Al nutrir las instancias del organismo legislativo, responsable de la promulgación de normas que regulen el relacionamiento sociedad Estado, han de funcionar como espacios de interlocución.
Ambas funciones requieren de profesionales formados en la mejor tradición de la academia y la experiencia. Un político profesional, más que un repetidor incesante de consignas, es alguien capaz de ofrecer una propuesta de gestión de Estado, afianzada en una formulación ideológica y política concreta. Ha de ofrecer, por supuesto, una conducta basada en la ética política y, sin importar su orientación ideológica (progresista o conservadora), ser capaz de estar en o al lado del poder, sin corromperse.
En cuanto a la gestión de la justicia, un campo casi exclusivamente reservado a las y los profesionales del derecho, requiere de sus integrantes, al igual que en el sistema político, una conducta ética intachable y un incorruptible relacionamiento con el poder. Amén, por supuesto, de una formación y preparación académica del más alto nivel.
Una sociedad democráticamente desarrollada, puede sentir orgullo de sus funcionarios y de sus representaciones políticas. Aun cuando disienta de sus propuestas ideológicas y sus decisiones en la conducción de la res pública.
En la preparación de ambos tipos de profesional, la educación superior juega un rol determinante. La calidad con la que las y los profesionales universitarios se formen, será determinante para el tipo de acción política o el nivel de administración de justicia que se ofrezca a la sociedad.
De allí que, cuando resulta que hay universidades privadas que afirman contar con facultad de derecho pero no con estudiantes, cabe preguntarse ¿cuál es la inspiración académica para este propósito?, ¿son universidad y no aspiran a formar profesionales? O, preguntarse la razón de que para graduarse de abogado o abogada y notario o notaria, alguien solo necesita asistir dos horas, dos veces por semana durante cierto tiempo y, eso sí, pagar puntualmente las cuotas en una universidad privada.
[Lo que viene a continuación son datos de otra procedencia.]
-- ===== src/System/Asked.antt =====
-- How many requests for a shutdown the API handed over, whatever the order of the tasks' rounds.
use daemon_choir.Base.{
  ℕ, ◌+◌, ◌≡◌, refl, subst, Option, none, some, Option-cases, Bool-cases, inl, inr, List, get_elem?,
  str_eq, if◌then◌else◌, arith,
}
use daemon_choir.Float.{F64}
use daemon_choir.Config.{MappingRule}
use daemon_choir.Events.{RawEvent}
use daemon_choir.Metrics.{StateSnapshot}
use daemon_choir.Sync.{Sender, Receiver}
use daemon_choir.Ringbuf.{Consumed, consume}
use daemon_choir.Aggregator
use daemon_choir.Aggregator.{Aggregator, Flow, Input}
use daemon_choir.Mapping.{MappedParam, MappingEngine, Next, map_snapshot}
use daemon_choir.Osc.{World}
use daemon_choir.Db.{Sqlite}
use daemon_choir.Api.{
  AppState, HttpRequest, Disk, route, serve, is_guarded, handle_config_reload,
  handle_config_backends, handle_shutdown, handle_privacy_wipe,
}
use daemon_choir.System.Safety.{performs, Reach, here, then_step}
use daemon_choir.System.{
  System, Outcome, waits, goes, dies, Action, probe_sends, ringbuf_receives, insertion_runs,
  aggregator_receives, aggregator_ticks, snapshot_stored, mapping_receives, osc_receives,
  api_serves, purge_runs, perform, probe_sends_to, after_consume, ringbuf_round, insertion_round,
  after_step, aggregator_round, storing_round, mapping_round, after_mapping, osc_round, engine_of,
}

-- whether a request has the header that a shutdown wants, as a number
abbrev pub asks : {F : Type 0} → HttpRequest F → ℕ
asks (HttpRequest.post_shutdown none) = 0
asks (HttpRequest.post_shutdown (some header)) = if str_eq header "shutdown" then 1 else 0
asks _ = 0

abbrev pub asked : {F Packet : Type 0} → Action F Packet → ℕ
asked (api_serves (request, elapsed_ms)) = asks request
asked _ = 0

the_same : (n : ℕ) → n ≡ n + 0
the_same n = omega arith

module _ {F Conn : Type 0} ⦃f : F64 F⦄ (sql : Sqlite F Conn) where
  route-asks :
      (request : HttpRequest F) (s : AppState F Conn)
      → (route sql request s).1.shutdown_requests ≡ s.shutdown_requests + asks request
  unfolding route handle_config_reload handle_config_backends handle_shutdown handle_privacy_wipe
      is_guarded
  route-asks (HttpRequest.get_status uptime_secs) s = omega arith
  route-asks HttpRequest.get_state s = omega arith
  route-asks HttpRequest.get_voices s = omega arith
  route-asks HttpRequest.get_probes s = omega arith
  route-asks HttpRequest.get_config s = omega arith
  route-asks HttpRequest.get_metrics s = omega arith
  route-asks (HttpRequest.post_reload Disk.unreadable) s = omega arith
  route-asks (HttpRequest.post_reload (Disk.malformed e)) s = omega arith
  route-asks (HttpRequest.post_reload (Disk.parsed config)) s = omega arith
  route-asks (HttpRequest.put_backends new_backends) s = omega arith
  route-asks (HttpRequest.post_shutdown none) s = omega arith
  route-asks (HttpRequest.post_shutdown (some header)) s =
      elim (Bool-cases (str_eq header "shutdown")) [
        | inl e ↦ rw e refl
        | inr e ↦ rw e (omega arith)
      ]
  route-asks (HttpRequest.post_wipe header) s = elim (Bool-cases (is_guarded header "wipe")) [
    | inl e ↦ rw e (omega arith)
    | inr e ↦ rw e (omega arith)
  ]

module _ {F Raw Snap Par Packet Conn : Type 0} ⦃f : F64 F⦄ ⦃raw_tx : Sender RawEvent Raw⦄
    ⦃raw_rx : Receiver RawEvent Raw⦄ ⦃snap_tx : Sender (StateSnapshot F) Snap⦄
    ⦃snap_rx : Receiver (StateSnapshot F) Snap⦄ ⦃par_tx : Sender (List (MappedParam F)) Par⦄
    ⦃par_rx : Receiver (List (MappedParam F)) Par⦄ where
  -- so many requests for a shutdown were handed over, if the task goes on
  abbrev Asked : ℕ → Outcome (System F Raw Snap Par Packet Conn) → Type 0
  Asked n waits = Unit
  Asked n (goes s) = s.app.shutdown_requests ≡ n
  Asked n (dies task) = Unit

  none-Asked :
      (n : ℕ) (o : Outcome (System F Raw Snap Par Packet Conn)) → Asked n o → Asked (n + 0) o
  none-Asked n o h = subst (λ k. Asked k o) (the_same n) h

  after_consume-Asked :
      (s : System F Raw Snap Par Packet Conn) (raw' : Raw) (c : Consumed Raw)
      → Asked s.app.shutdown_requests (after_consume s raw' c)
  after_consume-Asked s raw' (Consumed.next c) = refl
  after_consume-Asked s raw' (Consumed.exited c) = tt

  ringbuf-Asked :
      (s : System F Raw Snap Par Packet Conn) (o : Option (RawEvent × Raw))
      → Asked s.app.shutdown_requests (ringbuf_round s o)
  unfolding ringbuf_round
  ringbuf-Asked s none = tt
  ringbuf-Asked s (some (event, raw')) = after_consume-Asked s raw' (consume s.consumer event)

  probe-Asked :
      (s : System F Raw Snap Par Packet Conn) (i : ℕ) (e : RawEvent) (now_us : ℕ)
      → Asked s.app.shutdown_requests (probe_sends_to s i e now_us)
  unfolding probe_sends_to
  probe-Asked s i e now_us = elim (Option-cases (get_elem? s.app.probes_stats i)) [
    | inl q ↦ rw (q, probe_sends_to) tt
    | inr (p, q) ↦ rw (q, probe_sends_to) refl
  ]

  insertion-Asked :
      (sql : Sqlite F Conn) (s : System F Raw Snap Par Packet Conn) (i : ℕ)
      → Asked s.app.shutdown_requests (insertion_round sql s i)
  unfolding insertion_round
  insertion-Asked sql s i = elim (Option-cases (get_elem? s.consumer.insertions i)) [
    | inl q ↦ rw (q, insertion_round) tt
    | inr (event, q) ↦ rw (q, insertion_round) refl
  ]

  after_step-Asked :
      (s : System F Raw Snap Par Packet Conn) (o : Flow (Aggregator F Snap Snap))
      → Asked s.app.shutdown_requests (after_step s o)
  after_step-Asked s (Flow.running a) = refl
  after_step-Asked s (Flow.stopped a) = tt
  after_step-Asked s Flow.panicked = tt

  receiving-Asked :
      (s : System F Raw Snap Par Packet Conn) (o : Option (RawEvent × Raw))
      → Asked s.app.shutdown_requests (aggregator_round s o)
  unfolding aggregator_round
  receiving-Asked s none = tt
  receiving-Asked s (some (event, tx')) =
      after_step-Asked (record s { consumer = record s.consumer { aggregator_tx = tx' } })
        (Aggregator.step s.aggregator (Input.received event))

  storing-Asked :
      (sql : Sqlite F Conn) (s : System F Raw Snap Par Packet Conn) (d : Option Snap)
      → Asked s.app.shutdown_requests (storing_round sql s d)
  unfolding storing_round
  storing-Asked sql s none = tt
  storing-Asked sql s (some db_tx) = elim (Option-cases (snap_rx.recv db_tx)) [
    | inl q ↦ rw (q, storing_round) tt
    | inr ((snapshot, db_tx'), q) ↦ rw (q, storing_round) refl
  ]

  mapped-Asked :
      (s : System F Raw Snap Par Packet Conn) (tx' : Snap) (n : Next (MappingEngine F Par))
      → Asked s.app.shutdown_requests (after_mapping s tx' n)
  mapped-Asked s tx' (Next.goes_on m) = refl
  mapped-Asked s tx' (Next.exits m) = tt
  mapped-Asked s tx' Next.panics = tt

  mapping-Asked :
      (s : System F Raw Snap Par Packet Conn) (o : Option (StateSnapshot F × Snap))
      → Asked s.app.shutdown_requests (mapping_round s o)
  unfolding mapping_round
  mapping-Asked s none = tt
  mapping-Asked s (some (snapshot, tx')) = mapped-Asked s tx' (map_snapshot (engine_of s) snapshot)

  osc-Asked :
      (s : System F Raw Snap Par Packet Conn) (w : World F Packet)
      (o : Option (List (MappedParam F) × Par))
      → Asked s.app.shutdown_requests (osc_round s w o)
  unfolding osc_round
  osc-Asked s w none = tt
  osc-Asked s w (some (ps, params')) = refl

  perform-Asked :
      (sql : Sqlite F Conn) (s : System F Raw Snap Par Packet Conn) (a : Action F Packet)
      → Asked (s.app.shutdown_requests + asked a) (perform sql s a)
  unfolding perform serve
  perform-Asked sql s (probe_sends i e now_us) =
      none-Asked s.app.shutdown_requests _ (probe-Asked s i e now_us)
  perform-Asked sql s ringbuf_receives = none-Asked s.app.shutdown_requests _ (ringbuf-Asked s _)
  perform-Asked sql s (insertion_runs i) =
      none-Asked s.app.shutdown_requests _ (insertion-Asked sql s i)
  perform-Asked sql s aggregator_receives =
      none-Asked s.app.shutdown_requests _ (receiving-Asked s _)
  perform-Asked sql s (aggregator_ticks now_us) =
      none-Asked s.app.shutdown_requests _ (after_step-Asked s _)
  perform-Asked sql s snapshot_stored = none-Asked s.app.shutdown_requests _ (storing-Asked sql s _)
  perform-Asked sql s mapping_receives = none-Asked s.app.shutdown_requests _ (mapping-Asked s _)
  perform-Asked sql s (osc_receives w) = none-Asked s.app.shutdown_requests _ (osc-Asked s w _)
  perform-Asked sql s (api_serves (request, elapsed_ms)) = route-asks sql request s.app
  perform-Asked sql s (purge_runs now_us) =
      none-Asked s.app.shutdown_requests (perform sql s (purge_runs now_us)) refl

  -- how many requests of a run ask for a shutdown, with its header
  abbrev pub shutdowns :
      {sql : Sqlite F Conn} {Good : MappingRule F → Type 0}
      {s t : System F Raw Snap Par Packet Conn}
      → Reach sql Good s t
      → ℕ
  shutdowns here = 0
  shutdowns (then_step r (performs a ok e)) = shutdowns r + asked a

  pub Reach-Asked :
      (sql : Sqlite F Conn) (Good : MappingRule F → Type 0)
      {s t : System F Raw Snap Par Packet Conn}
      → s.app.shutdown_requests ≡ 0
      → (r : Reach sql Good s t) → t.app.shutdown_requests ≡ shutdowns r
  Reach-Asked sql Good z here = z
  Reach-Asked sql Good z (then_step {t} r (performs a ok e)) =
      subst (Asked (shutdowns r + asked a)) e (
        subst (λ n. Asked (n + asked a) (perform sql t a)) (Reach-Asked sql Good z r)
          (perform-Asked sql t a))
Algo huele a podrido entre la academia y sus responsabilidades para con la administración de justicia. Recuérdese que las decanaturas de las facultades de derecho participan directamente en la designación de las principales figuras al frente del Ministerio Público al proponer a la nómina de la cual se define su jefatura y la integración del consejo de la entidad.
La academia, la política y la justicia se dan la mano pero no para ofrecer un recurso humano que nutra con calidad los entes que dirigen los destinos del país. Por desgracia, se engarzan en relaciones intrincadas en función de los intereses minoritarios de sectores elitistas cuya agenda no responde al bienestar general. Y, en aras de este mezquino propósito, no dudan en favorecer la existencia de mercenarios de la política que tampoco cuentan con la formación académica deseable en un personaje que aspira a conducir los destinos del país.
Así, hemos tenido abogados que no litigan pero que montan espectáculos y ejercen su profesión insultando al tribunal para justificar una supuesta estrategia de defensa. O políticos que arman un club social al que inflan con millonarias cuotas de financistas que adquieren derecho de piso y que no sienten estar obligados a mostrar una conducta decente. De tal suerte que ostentan títulos que no adquirieron a pulso, presumen de formaciones no sustentadas o, se embolsan dinero público como si fuera propio.
Así las cosas, tiempo es ya de que reclamemos a la academia la formación de profesionales de altura y exijamos que los sistemas de partidos políticos y de administración de justicia sean ciudadanas o ciudadanos preparados con los mejores estándares. De lo contrario, la mediocridad, la deshonestidad y la impunidad, seguirán siendo la marca de fábrica del quehacer público en Guatemala.